The EU Cyber Resilience Act (CRA) 2024/2847 introduces mandatory cybersecurity requirements for products with digital elements sold in the EU. Vulnerability reporting obligations take effect September 11, 2026, and full product conformity becomes mandatory December 11, 2027. While medical devices under MDR are exempt from the CRA's product requirements, many digital components in the healthcare ecosystem are not.
The medical device exemption and its limits
CRA Article 2(2) exempts products already covered by sector-specific EU harmonisation legislation that imposes equivalent cybersecurity requirements. Medical devices regulated under MDR 2017/745 and IVDs under IVDR 2017/746 fall within this exemption.

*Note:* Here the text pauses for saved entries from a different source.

-- ===== src/Lib.antt =====
-- ai-gateway-monitor: service_go, the gateway that turns REST requests into gRPC calls of the Python
-- AI backend and measures them, and that backend, service_python.
--
-- The parts and how they interact. `main` loads the configuration from the environment, registers the
-- instruments, starts tracing, dials the backend, and serves HTTP until a signal. The router hands a
-- request to a probe, to the Iris handler or to one of the two model handlers, which share the
-- connection and the configuration. A handler validates the body, calls the generated client under a
-- timeout, and answers with the reply or with an entry of the error contract; it counts and times
-- what it does. The streaming handler passes the backend's chunks on as server-sent events.
--
-- Which file models what (paths from the repository's root):
--   Common       numbers, lists, tests and Go's int64, shared by all files.
--   Go           strconv.Itoa, strconv.Atoi, time.ParseDuration and strings.ToLower, from the standard
--                library's documentation and behaviour; what time.ParseDuration makes of the digits
--                after a point is a parameter (`frac`), as Go computes it in float64.
--   Config       service_go/config/config.go: `Load` is `load`, `getEnv` is `get_env`, and so on; the
--                environment is a function, the log records are returned beside the value.
--   Proto        service_go/gen: the messages with `Reset`, and in Proto/Clients the calls of the two
--                generated clients over an abstract connection.
--   Http         what a handler does that others can see, as a list of events; Http/Counting reads
--                answers, counts, timings and calls off such a list, Http/Totals the values of the two
--                HTTP metrics.
--   ApiError     service_go/handlers/api_error.go: the error contract.
--   Iris         service_go/handlers/iris.go: the state of the handler is its pool of messages, which
--                `predict` takes and returns. Iris/Sequence has requests one after another, with a pool
--                that the garbage collector may empty; Iris/Sharing has requests that run at the same
--                time: a heap of messages, and the single actions of the requests as steps.
--   Model        service_go/handlers/model.go: `Predict` is `predict`; `PredictStream` is
--                `predict_stream`, the function that it hands to `c.Stream` is `step`.
--   Health       service_go/handlers/health.go: `Readyz` is `readyz`; the channel is a state behind
--                the interface, which `Connect` changes.
--   Router       service_go/router/router.go: `Setup` is `setup`; `serve` runs a registered handler.
--                Router/Exchanges lets requests be served side by side, event by event, and
--                Router/Session one after another, with the state that the handlers keep.
--   Metrics      service_go/metrics/metrics.go: the instruments. Metrics/Registration has
--                `Register` on a registry (`register_on`), for which Prometheus's documented
--                contract is a hypothesis.
--   Backend      service_python: the servicers in models that the gateway's calls come to,
--                iris_predictor.py as Backend/IrisPredictor, ollama_predictor.py as
--                Backend/OllamaPredictor; a servicer's context is passed along as a state.
--                Of the process, Backend/Launch has main.py and the setup functions of
--                observability.py, Backend/Server has server.py, and Backend/Observability
--                `_resolve_log_level`: the script is the calls that it makes, in order.
--   EndToEnd     a handler of the gateway with the servicer behind it, over gRPC, whose documented
--                behaviour for a call that comes through, or is cancelled, is a hypothesis (`Carries`,
--                `CarriesCancelled`).
--   Process      service_go/main.go, with service_go/grpcclient/client.go and
--                service_go/telemetry/tracer.go: `main` as the calls that it makes, in order, given
--                how the calls turn out. Process/Threads has its goroutines side by side: what each
--                of them, a request, or a signal can do next is a step of one state.
--   Gateway      the whole: the goroutines of Process/Threads, where each request in flight runs the
--                handler of its route.
--   GoTests      the cases of service_go's own tests, evaluated.
--   Testing      the collaborators that the examples share. Each part's Examples holds its tests.
--
-- Bounds and fuel. Durations and Go's int are integers with the range of int64, and the one sum that
-- can leave it wraps (`wrap64`). A float32 is its bit pattern. `parse_duration` reads its components on
-- fuel, the number of characters, which is enough because each component takes at least one
-- (Go/Duration/Fuel). `itoa` emits digits on fuel n + 1 for a number n. All other recursion is
-- structural. The step relations have no bound. `c.Stream` loops for as long as the stream lasts: the
-- loop is an argument, and what gin documents of it is the relation `Rounds`.
--
-- What is not modelled. Gin's binding of JSON, its engine and its middleware, gRPC, Prometheus and
-- OpenTelemetry are third-party code: arguments, or events and actions that are only recorded. Time is
-- not modelled: a timeout is the number that a call is given. Concurrent requests are modelled where
-- they meet: in the Iris handler's pool of messages, in the metrics, and at the end of the process. A
-- SIGKILL and a crash, which may come at any time, are left out. Of the Python backend the servicers
-- are modelled, with a stream of Ollama that ends, and the calls that start the process and that a
-- signal makes; scikit-learn, httpx, Ollama's client, and what `float` makes of OLLAMA_TIMEOUT_SEC are
-- arguments, and log records are left out. The GPU exporter, the deployment and the dashboards are not modelled.
pub mod Common
pub mod Go
pub mod Config
pub mod Proto
pub mod Http
pub mod ApiError
pub mod Iris
pub mod Testing
pub mod Model
pub mod Health
pub mod Router
pub mod Metrics
pub mod Process
pub mod Gateway
pub mod Backend
pub mod EndToEnd
pub mod GoTests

However, the exemption applies only to the medical device itself. Digital products that interact with, support, or connect to a medical device but are not themselves classified as medical devices are fully subject to the CRA:
| Product | CRA applies? | Rationale |
|---|---|---|
| SaMD classified under MDR | No | Covered by MDR cybersecurity requirements |
| Hospital information system interfacing with devices | Yes | Not a medical device under MDR |
| Mobile app classified as Class I accessory | No | Covered by MDR |
| Cloud platform hosting device data (not classified as SaMD) | Yes | Not a medical device |
| Firmware update tool for a medical device (not part of the device itself) | Yes | Standalone digital product |
| General-purpose operating system running on a medical device | Yes | Not covered by MDR as a standalone product |
If you manufacture both MDR-regulated devices and non-device digital products in the same ecosystem, you may need to comply with both MDR (for the device) and CRA (for the supporting software).

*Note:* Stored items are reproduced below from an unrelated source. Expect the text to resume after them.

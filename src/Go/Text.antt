-- ===== src/Go/Text.antt =====
-- Go strings as lists of code points, and `strings.ToLower`.
pub mod Words
use Prim.Native.Char.{code}
use ai_gateway_monitor.Common.{
  ℕ, ◌+◌, ◌≡◌, refl, Bool, true, false, ◌&&◌, String, List, [], ◌∷◌, map, leb, ◌==◌, if◌then◌else◌,
}

-- The code points of a text.
abbrev pub codes : String → List ℕ
codes String.[] = []
codes (String.◌∷◌ c s) = code c ∷ codes s

unfoldable pub same_codes : List ℕ → List ℕ → Bool
same_codes [] [] = true
same_codes (a ∷ s) (b ∷ t) = a == b && same_codes s t
same_codes _ _ = false

unfoldable pub is_digit : ℕ → Bool
is_digit c = leb b'0' c && leb c b'9'

-- `unicode.ToLower`, up to the choice of a lower-case letter beyond ASCII. Two letters beyond ASCII
-- have one in ASCII: U+0130 (i) and the Kelvin sign (k). Every other letter beyond ASCII stays
-- beyond it, and stands for itself here: the gateway compares the result with ASCII words only.
unfoldable pub rune_to_lower : ℕ → ℕ
rune_to_lower c =
    if leb b'A' c && leb c b'Z'
    then c + 32
    else if c == 0x130
    then b'i'
    else if c == 0x212A
    then b'k'
    else c

unfoldable pub to_lower : String → List ℕ
unfolding rune_to_lower
to_lower s = map rune_to_lower (codes s)

-- `strings.ToLower(s) == word`, the test of a case of a `switch`.
unfoldable pub lower_is : String → String → Bool
unfolding to_lower same_codes
lower_is s word = same_codes (to_lower s) (codes word)

lower_is_mixed : lower_is "WaRNing" "warning" ≡ true
unfolding lower_is
lower_is_mixed = refl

Vulnerability reporting: September 11, 2026
The CRA's vulnerability reporting obligations under Article 14 apply from September 11, 2026. Manufacturers of in-scope products must report actively exploited vulnerabilities and significant security incidents to their national Computer Security Incident Response Team (CSIRT) and to ENISA via a single reporting platform.
The reporting timeline is strict:
| Stage | Deadline | Content required |
|---|---|---|
| Early warning | Within 24 hours of awareness | Notification that a vulnerability is being actively exploited, or that a significant incident has occurred |
| Vulnerability notification | Within 72 hours | Detailed information on the vulnerability, exploitation activity, and any corrective measures taken or planned |
| Final report | Within 14 days of mitigation | Complete description of the vulnerability, root cause analysis, and corrective actions applied |
These reporting timelines apply even if a full fix is not yet available. The purpose is to enable coordinated response across the EU.
Product conformity requirements: December 11, 2027
Full CRA product conformity obligations take effect December 11, 2027. For in-scope products, this means:
Security by design (CRA Annex I, Part I): Products must be designed, developed, and produced to ensure an appropriate level of cybersecurity. This includes secure default configurations, protection against unauthorized access, and data confidentiality and integrity.
Vulnerability handling (CRA Annex I, Part II): Manufacturers must identify and document vulnerabilities, provide security updates for the expected product lifetime (minimum 5 years), and operate a coordinated vulnerability disclosure policy.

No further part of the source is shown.